[Stored items]
=== Section Start ===
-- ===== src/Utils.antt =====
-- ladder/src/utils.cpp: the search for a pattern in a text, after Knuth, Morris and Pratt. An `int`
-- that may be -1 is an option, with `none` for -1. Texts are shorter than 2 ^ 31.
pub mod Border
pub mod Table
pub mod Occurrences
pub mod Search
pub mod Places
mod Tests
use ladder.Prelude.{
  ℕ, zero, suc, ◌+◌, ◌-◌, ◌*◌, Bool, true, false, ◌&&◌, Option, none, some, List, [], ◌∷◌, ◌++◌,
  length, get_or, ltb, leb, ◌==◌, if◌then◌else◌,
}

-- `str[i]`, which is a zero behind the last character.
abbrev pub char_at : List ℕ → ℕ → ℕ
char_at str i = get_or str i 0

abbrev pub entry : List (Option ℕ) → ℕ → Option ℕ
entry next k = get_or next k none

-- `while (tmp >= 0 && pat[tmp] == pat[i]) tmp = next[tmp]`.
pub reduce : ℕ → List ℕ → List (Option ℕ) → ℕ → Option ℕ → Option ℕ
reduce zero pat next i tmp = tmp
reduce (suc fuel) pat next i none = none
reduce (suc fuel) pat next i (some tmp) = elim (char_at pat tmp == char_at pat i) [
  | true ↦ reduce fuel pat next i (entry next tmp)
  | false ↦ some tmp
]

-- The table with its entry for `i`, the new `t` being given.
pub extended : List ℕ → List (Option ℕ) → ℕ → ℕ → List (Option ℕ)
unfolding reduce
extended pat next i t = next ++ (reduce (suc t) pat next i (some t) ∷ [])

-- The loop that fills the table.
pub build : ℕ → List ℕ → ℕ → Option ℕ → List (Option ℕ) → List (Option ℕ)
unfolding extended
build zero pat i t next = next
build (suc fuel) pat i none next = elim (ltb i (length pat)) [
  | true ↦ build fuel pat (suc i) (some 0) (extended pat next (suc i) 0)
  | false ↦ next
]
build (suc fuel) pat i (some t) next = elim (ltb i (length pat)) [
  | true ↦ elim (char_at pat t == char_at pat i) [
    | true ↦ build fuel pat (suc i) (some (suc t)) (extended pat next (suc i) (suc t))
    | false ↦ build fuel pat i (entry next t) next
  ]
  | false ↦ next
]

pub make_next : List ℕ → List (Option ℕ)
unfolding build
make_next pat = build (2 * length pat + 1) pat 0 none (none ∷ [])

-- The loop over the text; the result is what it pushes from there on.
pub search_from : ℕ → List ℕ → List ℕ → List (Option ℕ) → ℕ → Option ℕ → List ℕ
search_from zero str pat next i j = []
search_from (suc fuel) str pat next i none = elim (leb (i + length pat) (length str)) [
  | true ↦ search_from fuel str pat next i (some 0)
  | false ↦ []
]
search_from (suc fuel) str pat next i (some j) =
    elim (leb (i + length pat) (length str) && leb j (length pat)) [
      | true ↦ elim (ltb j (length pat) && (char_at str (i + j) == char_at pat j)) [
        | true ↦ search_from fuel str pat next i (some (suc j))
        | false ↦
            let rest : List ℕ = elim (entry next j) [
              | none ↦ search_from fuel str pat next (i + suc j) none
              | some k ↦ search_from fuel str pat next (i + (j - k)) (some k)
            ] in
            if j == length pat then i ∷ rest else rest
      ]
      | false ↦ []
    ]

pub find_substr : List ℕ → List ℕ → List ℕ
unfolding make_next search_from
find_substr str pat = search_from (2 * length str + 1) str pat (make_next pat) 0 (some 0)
=== Section End ===
Task brief: Work out how many lines in the records above contain the word "then", and give only that number.

Solution for this task: 2